L’ex-ministre, qui a occupé plusieurs postes sous les précédents mandats de Paul Biya, dont ceux des Transports et de la Communication, a affirmé à cette occasion à l'AFP qu’il y aurait eu "deux morts" parmi les manifestants regroupés autour de son domicile à Garoua et qu’"une dizaine de snipers" serait postée sur les toits autour de sa résidence.

Le gouvernement camerounais a reconnu le 28 octobre des morts lors de manifestations, sans toutefois dater les violences, ni fournir de bilan précis. Dans une déclaration officielle publiée le 26 octobre, le gouverneur de la région du Littoral a lui fait état de quatre morts à la suite de l’attaque d’une brigade de gendarmerie et d’un commissariat de police à Douala (lien archivé ici).
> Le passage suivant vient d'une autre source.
-- ===== src/Mempool/Solvent.antt =====
-- pkg/core/mempool/mem_pool.go: what senders owe after RemoveStale and after Add has ditched an item.
use epicchain_go.Common.{
  ℕ, ◌-◌, ◌≡◌, refl, sym, ap, ◌∙◌, subst, Bool, true, false, some, List, [], ◌∷◌, ◌++◌, arith,
  nat_eq, lookup, delete, length, get_elem?, All, inl, inr, Bool-cases, Option-cases, ◌&&◌,
  if◌then◌else◌, ◌+◌,
}
use epicchain_go.Mempool.Types.{Transaction, Item, Pool, Feer, removed, conflict_hashes}
use epicchain_go.Mempool.Remove.{remove_oracle_of, remove_conflicts_of}
use epicchain_go.Mempool.Add.{ditch_last}
use epicchain_go.Mempool.Invariant.{remove_oracle_of-SameCore, notify-SameCore}
use epicchain_go.Mempool.Register.{add_conflicts-SameCore}
use epicchain_go.Mempool.Stale.{
  load_policy, check_policy, Sweep, keep_or_drop, still_valid, sweep, resend_stale_items,
  finish_sweep, remove_stale,
}
use epicchain_go.Mempool.Books.{
  Books-eq, IsSolvent, keep_or_drop_fees, some_eq, HasRoom, remove_conflicts_fees, owed-append,
  notify_fees, pays_for, remove_oracle_of_fees, owed, try_add-Books, Books,
}

module _ (is_ok : Transaction → Bool) (feer : Feer) (room : HasRoom feer) (changed : Bool) where
  still_valid-Books :
      (i : Item) (n : ℕ → ℕ) (p : Pool) {r : Bool × Pool}
      → still_valid is_ok feer changed i p ≡ some r
      → Books feer n p
      → (Books feer (λ a. n a + (if r.0 then pays_for p.payer_index a i.txn else 0)) r.1
          × (r.1.payer_index ≡ p.payer_index))
        × (r.0 ≡ true → is_ok i.txn ≡ true)
  still_valid-Books i n p {r} e s =
      elim (Bool-cases (is_ok i.txn && check_policy i.txn changed p)) [
        | inl good ↦ (try_add-Books feer room i.txn n p (rw good at e) s, λ _. ground arith)
        | inr bad ↦
            let same = some_eq (rw bad at e) in
            (
              subst
                  (λ (z : Bool × Pool).
                    Books feer (λ a. n a + (if z.0 then pays_for p.payer_index a i.txn else 0)) z.1
                    × (z.1.payer_index ≡ p.payer_index))
                  same (Books-eq feer n (λ a. n a + 0) p p refl (λ a. omega arith) s, refl),
              λ t. absurd (cc (ap (λ (z : Bool × Pool). z.0) same)),
            )
      ]

  abbrev Passed : Item → Type 0
  Passed i = is_ok i.txn ≡ true

  Passed-append : (l : List Item) (i : Item) → All Passed l → Passed i → All Passed (l ++ (i ∷ []))
  Passed-append [] i a b = (b, tt)
  Passed-append (x ∷ l) i a b = (a.0, Passed-append l i a.1 b)

  -- The items kept so far are booked, and passed the test.
  record Swept (index : ℕ) (s : Sweep) (p : Pool) : Type 0 where
    books : Books feer (λ a. owed index a s.kept) p
    payer : p.payer_index ≡ index
    passed : All Passed s.kept

  keep_or_drop-Swept :
      (m index : ℕ) (i : Item) (s : Sweep) (r : Bool × Pool)
      → Books feer (λ a. owed index a s.kept + (if r.0 then pays_for index a i.txn else 0)) r.1
      → r.1.payer_index ≡ index
      → (r.0 ≡ true → Passed i)
      → All Passed s.kept
      → Swept index (keep_or_drop m i s r).0 (keep_or_drop m i s r).1
  keep_or_drop-Swept m index i s (true, p) b same h a = record {
    books =
        Books-eq feer _ _ p _ (keep_or_drop_fees m i s (true, p))
          (λ x. owed-append index x s.kept i) b;
    payer = (add_conflicts-SameCore i.txn.hash (conflict_hashes i.txn) p).payer_index ∙ same;
    passed = Passed-append s.kept i a (h refl);
  }
  keep_or_drop-Swept m index i s (false, p) b same h a =
      let p1 : Pool = record p { verified_map = delete i.txn.hash p.verified_map } in
      record {
        books = Books-eq feer _ _ p _ (keep_or_drop_fees m i s (false, p)) (λ x. omega arith) b;
        payer =
            (notify-SameCore (removed i.txn i.extra) (remove_oracle_of i.txn p1)).payer_index
            ∙ ((remove_oracle_of-SameCore i.txn p1).payer_index ∙ same);
        passed = a;
      }

  sweep-Swept :
      (l : List Item) (index : ℕ) (s : Sweep) (p : Pool) {r : Sweep × Pool}
      → sweep is_ok feer changed l s p ≡ some r
      → Swept index s p
      → Swept index r.0 r.1
  unfolding sweep
  sweep-Swept [] index s p {r} e h = subst (λ (z : Sweep × Pool). Swept index z.0 z.1) (some_eq e) h
  sweep-Swept (i ∷ l) index s p {r} e h = elim (Option-cases (still_valid is_ok feer changed i p)) [
    | inl panic ↦ absurd (cc (rw panic at e))
    | inr (v, runs) ↦
        let ((b, same), passed) = still_valid-Books i (λ a. owed index a s.kept) p runs h.books in
        let next = keep_or_drop feer.block_height i s v in
        let b' =
          subst
            (λ x.
              Books feer (λ a. owed index a s.kept + (if v.0 then pays_for x a i.txn else 0)) v.1)
            h.payer b in
        sweep-Swept l index next.0 next.1 (rw runs at e)
          (keep_or_drop-Swept feer.block_height index i s v b' (same ∙ h.payer) passed h.passed)
  ]

resend_same :
    (l : List Item) (p : Pool)
    → ((resend_stale_items l p).fees ≡ p.fees)
      × ((resend_stale_items l p).payer_index ≡ p.payer_index)
resend_same [] p = (refl, refl)
resend_same (x ∷ l) p = (refl, refl)

finish_sweep-IsSolvent :
    (feer : Feer) (index : ℕ) (s : Sweep) (p : Pool)
    → Books feer (λ a. owed index a s.kept) p
    → p.payer_index ≡ index
    → IsSolvent feer (finish_sweep s p)
finish_sweep-IsSolvent feer index s p b same =
    let (fees, payer) = resend_same s.stale p in
    record {
      covered = λ a. rw (payer, same) (b.covered a);
      booked = λ a. rw (fees, payer, same) (b.booked a);
    }

-- After a RemoveStale that answers, on any pool, the pooled transactions for which an account pays cost no
-- more than the account's balance on the ledger, their sum is what is booked for it, and every pooled
-- transaction passes the caller's test. The ledger's balances are taken to be at most 2^256 - 2^64.
pub remove_stale-IsSolvent :
    (is_ok : Transaction → Bool) (feer : Feer) (p q : Pool)
    → HasRoom feer
    → remove_stale is_ok feer p ≡ some q
    → IsSolvent feer q × All (λ (i : Item). is_ok i.txn ≡ true) q.verified_txes
unfolding remove_stale
remove_stale-IsSolvent is_ok feer p q room e =
    let loaded = load_policy feer p in
    let p2 : Pool = record loaded.1 { fees = []; conflicts_map = [] } in
    let start : Sweep = record { kept = []; stale = [] } in
    let l = p.verified_txes in
    elim (Option-cases (sweep is_ok feer loaded.0 l start p2)) [
      | inl panic ↦ absurd (cc (rw panic at e))
      | inr (r, runs) ↦
          let same = some_eq (rw runs at e) in
          let h = sweep-Swept is_ok feer room loaded.0 l p2.payer_index start p2 runs (
            unfold lookup owed in
            record {
              books = record { covered = λ a. omega arith; booked = λ a. refl };
              payer = refl;
              passed = tt;
            }) in
          (
            subst (IsSolvent feer) same
                (finish_sweep-IsSolvent feer p2.payer_index r.0 r.1 h.books h.payer),
            subst (λ (z : Pool). All (λ (i : Item). is_ok i.txn ≡ true) z.verified_txes) same
                h.passed,
          )
    ]

-- When Add ditches the last transaction of a full pool, every sender owes what it owed before: the fees
-- of the transaction that is gone stay booked, unlike after a removal.
pub ditch_last_fees : (i : Item) (p q : Pool) → ditch_last i p ≡ some q → q.fees ≡ p.fees
unfolding ditch_last
ditch_last_fees i p q e =
    elim (Option-cases (get_elem? p.verified_txes (length p.verified_txes - 1))) [
      | inl empty ↦ absurd (cc (rw empty at e))
      | inr (u, at) ↦
          ap (λ (z : Pool). z.fees) (sym (some_eq (rw at at e)))
          ∙ (notify_fees (removed u.txn u.extra) _
              ∙ (remove_oracle_of_fees u.txn _
                  ∙ unfold remove_conflicts_of in
                    remove_conflicts_fees u.txn.hash (conflict_hashes u.txn) _))
    ]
L'Union africaine a appelé au dialogue, se disant "vivement préoccupée par les violences, la répression et les arrestations signalées de manifestants et d'acteurs politiques suite aux résultats des élections". 

La situation reste scrutée par la communauté internationale. L’Union européenne a notamment déploré le "recours excessif à la violence" des forces de sécurité camerounaises, quand l’'ONU a appelé "à l'ouverture d'enquêtes et à la fin des violences".

Au matin du mercredi 29 octobre, les boutiques et marchés rouvraient progressivement, accueillant une petite affluence dans les villes de Douala et Yaoundé, où la présence des forces de sécurité restait importante.